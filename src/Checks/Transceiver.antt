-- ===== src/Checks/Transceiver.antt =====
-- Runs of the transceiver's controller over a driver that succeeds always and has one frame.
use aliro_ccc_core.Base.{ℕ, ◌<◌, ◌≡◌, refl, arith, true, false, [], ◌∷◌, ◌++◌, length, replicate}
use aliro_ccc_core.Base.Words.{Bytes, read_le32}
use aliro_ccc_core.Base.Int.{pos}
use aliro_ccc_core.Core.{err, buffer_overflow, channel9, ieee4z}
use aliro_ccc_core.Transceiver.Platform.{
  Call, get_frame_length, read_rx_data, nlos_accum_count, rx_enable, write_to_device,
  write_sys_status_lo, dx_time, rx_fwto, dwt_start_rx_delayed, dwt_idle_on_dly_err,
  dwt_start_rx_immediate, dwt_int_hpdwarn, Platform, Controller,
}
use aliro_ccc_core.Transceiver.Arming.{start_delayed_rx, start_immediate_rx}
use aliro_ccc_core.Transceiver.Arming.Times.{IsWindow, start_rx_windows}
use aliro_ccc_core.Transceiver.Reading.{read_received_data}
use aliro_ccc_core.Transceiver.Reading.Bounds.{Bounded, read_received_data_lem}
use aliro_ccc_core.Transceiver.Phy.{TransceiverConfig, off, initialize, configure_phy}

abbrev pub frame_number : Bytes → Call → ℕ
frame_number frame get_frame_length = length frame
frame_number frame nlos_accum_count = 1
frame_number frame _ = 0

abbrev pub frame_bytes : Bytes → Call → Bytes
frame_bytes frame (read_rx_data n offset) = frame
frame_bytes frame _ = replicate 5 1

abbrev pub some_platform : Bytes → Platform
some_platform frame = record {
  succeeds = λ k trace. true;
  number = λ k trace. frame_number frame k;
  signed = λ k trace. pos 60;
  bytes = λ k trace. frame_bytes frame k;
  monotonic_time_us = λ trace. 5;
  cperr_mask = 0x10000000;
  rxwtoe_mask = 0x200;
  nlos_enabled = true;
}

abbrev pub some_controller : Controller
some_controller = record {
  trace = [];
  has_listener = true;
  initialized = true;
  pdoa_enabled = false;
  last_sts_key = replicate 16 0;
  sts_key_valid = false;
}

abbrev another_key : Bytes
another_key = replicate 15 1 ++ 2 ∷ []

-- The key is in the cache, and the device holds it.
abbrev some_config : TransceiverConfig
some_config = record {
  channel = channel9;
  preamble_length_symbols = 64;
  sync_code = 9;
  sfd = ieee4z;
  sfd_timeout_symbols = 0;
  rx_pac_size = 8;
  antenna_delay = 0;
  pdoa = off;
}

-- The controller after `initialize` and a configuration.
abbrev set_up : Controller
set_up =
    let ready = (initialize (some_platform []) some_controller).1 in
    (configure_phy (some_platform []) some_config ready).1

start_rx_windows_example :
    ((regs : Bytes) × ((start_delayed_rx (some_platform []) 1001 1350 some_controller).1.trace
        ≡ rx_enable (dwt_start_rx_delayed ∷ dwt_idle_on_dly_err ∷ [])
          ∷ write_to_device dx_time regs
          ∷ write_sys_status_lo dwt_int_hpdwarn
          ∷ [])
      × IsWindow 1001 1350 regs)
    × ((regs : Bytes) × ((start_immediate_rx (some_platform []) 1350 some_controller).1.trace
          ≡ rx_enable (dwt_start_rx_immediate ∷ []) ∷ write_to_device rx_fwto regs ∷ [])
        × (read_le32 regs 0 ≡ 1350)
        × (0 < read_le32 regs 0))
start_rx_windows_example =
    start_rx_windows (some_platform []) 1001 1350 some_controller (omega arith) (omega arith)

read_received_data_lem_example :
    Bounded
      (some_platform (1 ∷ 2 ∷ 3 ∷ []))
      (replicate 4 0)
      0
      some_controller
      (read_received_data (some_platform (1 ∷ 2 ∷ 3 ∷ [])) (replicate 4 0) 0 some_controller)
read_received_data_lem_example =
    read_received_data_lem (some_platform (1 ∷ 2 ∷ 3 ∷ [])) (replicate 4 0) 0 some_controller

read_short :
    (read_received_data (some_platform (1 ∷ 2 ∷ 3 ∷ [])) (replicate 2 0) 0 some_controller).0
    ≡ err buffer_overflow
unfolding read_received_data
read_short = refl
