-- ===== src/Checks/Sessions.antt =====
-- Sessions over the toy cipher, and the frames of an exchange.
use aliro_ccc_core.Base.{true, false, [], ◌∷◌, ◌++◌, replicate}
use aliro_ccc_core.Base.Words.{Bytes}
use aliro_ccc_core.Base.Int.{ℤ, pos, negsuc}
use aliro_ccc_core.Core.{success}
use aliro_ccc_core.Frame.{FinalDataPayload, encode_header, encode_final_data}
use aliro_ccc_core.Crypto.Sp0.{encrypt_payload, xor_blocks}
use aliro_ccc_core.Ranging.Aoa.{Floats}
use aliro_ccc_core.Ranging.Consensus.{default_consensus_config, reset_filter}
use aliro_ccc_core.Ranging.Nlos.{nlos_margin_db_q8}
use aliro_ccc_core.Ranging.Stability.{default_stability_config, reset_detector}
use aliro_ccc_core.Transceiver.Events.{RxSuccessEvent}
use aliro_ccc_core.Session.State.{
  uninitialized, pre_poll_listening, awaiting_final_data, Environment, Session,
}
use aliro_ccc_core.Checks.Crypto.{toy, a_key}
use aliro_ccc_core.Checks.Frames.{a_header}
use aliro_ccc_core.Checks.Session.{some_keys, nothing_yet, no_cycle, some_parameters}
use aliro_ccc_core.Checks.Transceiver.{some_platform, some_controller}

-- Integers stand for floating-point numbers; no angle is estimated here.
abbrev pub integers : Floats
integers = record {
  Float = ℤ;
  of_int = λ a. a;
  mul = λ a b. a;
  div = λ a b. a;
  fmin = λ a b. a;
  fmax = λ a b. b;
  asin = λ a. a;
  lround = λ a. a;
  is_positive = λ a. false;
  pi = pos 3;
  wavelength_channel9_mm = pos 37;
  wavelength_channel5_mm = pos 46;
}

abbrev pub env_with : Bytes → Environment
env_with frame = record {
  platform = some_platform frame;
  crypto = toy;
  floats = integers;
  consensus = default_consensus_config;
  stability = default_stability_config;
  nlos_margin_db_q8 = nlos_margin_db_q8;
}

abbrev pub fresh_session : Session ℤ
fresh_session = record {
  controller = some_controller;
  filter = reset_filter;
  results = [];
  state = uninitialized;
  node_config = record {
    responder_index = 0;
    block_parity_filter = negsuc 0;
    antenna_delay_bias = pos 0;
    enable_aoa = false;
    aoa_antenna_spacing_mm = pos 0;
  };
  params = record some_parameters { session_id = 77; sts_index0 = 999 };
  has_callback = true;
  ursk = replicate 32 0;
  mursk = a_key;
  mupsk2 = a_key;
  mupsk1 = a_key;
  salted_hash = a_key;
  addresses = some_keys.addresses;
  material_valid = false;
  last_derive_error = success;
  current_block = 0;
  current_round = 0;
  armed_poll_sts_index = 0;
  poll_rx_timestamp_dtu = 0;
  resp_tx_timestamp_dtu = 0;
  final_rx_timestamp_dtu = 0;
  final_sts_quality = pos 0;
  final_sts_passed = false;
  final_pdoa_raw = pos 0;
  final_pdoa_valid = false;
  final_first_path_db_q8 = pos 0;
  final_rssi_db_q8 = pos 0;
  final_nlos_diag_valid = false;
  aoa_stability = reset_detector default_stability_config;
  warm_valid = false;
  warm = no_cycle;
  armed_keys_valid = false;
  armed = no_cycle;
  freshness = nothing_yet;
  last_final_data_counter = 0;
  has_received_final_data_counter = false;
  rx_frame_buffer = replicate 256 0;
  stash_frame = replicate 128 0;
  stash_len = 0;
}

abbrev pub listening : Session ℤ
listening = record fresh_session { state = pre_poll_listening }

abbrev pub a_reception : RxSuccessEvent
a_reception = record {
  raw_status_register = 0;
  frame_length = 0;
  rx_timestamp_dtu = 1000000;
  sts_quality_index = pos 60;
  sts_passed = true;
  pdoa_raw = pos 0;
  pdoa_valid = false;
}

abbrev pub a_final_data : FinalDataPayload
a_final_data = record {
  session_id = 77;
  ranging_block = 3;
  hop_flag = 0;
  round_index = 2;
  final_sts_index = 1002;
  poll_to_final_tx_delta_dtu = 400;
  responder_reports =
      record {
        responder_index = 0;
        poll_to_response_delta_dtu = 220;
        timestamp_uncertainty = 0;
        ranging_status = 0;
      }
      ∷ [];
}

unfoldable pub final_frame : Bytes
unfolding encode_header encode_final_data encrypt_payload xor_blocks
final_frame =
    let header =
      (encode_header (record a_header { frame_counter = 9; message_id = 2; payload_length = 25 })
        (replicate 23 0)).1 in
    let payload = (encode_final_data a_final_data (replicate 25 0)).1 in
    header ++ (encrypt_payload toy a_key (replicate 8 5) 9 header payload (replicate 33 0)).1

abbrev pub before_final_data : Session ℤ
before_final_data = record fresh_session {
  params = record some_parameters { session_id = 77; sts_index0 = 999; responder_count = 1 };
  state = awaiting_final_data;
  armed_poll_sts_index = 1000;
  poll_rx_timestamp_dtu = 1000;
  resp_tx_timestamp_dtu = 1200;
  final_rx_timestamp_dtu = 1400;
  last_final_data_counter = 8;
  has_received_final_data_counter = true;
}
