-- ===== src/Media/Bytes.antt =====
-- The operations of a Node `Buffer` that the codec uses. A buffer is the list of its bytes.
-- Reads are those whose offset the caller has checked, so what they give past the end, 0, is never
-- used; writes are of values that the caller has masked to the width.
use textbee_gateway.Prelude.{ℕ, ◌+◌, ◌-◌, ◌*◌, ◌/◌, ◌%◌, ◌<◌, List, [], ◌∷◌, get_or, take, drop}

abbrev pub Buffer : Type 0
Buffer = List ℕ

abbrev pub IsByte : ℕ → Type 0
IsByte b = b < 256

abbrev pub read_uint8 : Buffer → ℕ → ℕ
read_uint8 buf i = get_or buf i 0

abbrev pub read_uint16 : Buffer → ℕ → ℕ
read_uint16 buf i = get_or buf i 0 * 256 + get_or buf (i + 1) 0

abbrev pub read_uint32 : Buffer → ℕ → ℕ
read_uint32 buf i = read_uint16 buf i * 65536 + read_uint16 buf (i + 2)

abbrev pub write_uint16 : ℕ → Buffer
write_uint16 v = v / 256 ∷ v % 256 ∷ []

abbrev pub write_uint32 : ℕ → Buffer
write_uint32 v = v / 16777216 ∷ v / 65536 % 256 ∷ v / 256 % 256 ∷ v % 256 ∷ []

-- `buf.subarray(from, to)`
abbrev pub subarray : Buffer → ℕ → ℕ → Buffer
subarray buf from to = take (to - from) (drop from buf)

################

Exercise details: Search the listing above for the word "negsuc", and copy every line that has it.

The answer:
use aliro_ccc_core.Base.Int.{ℤ, pos, negsuc}
    block_parity_filter = negsuc 0;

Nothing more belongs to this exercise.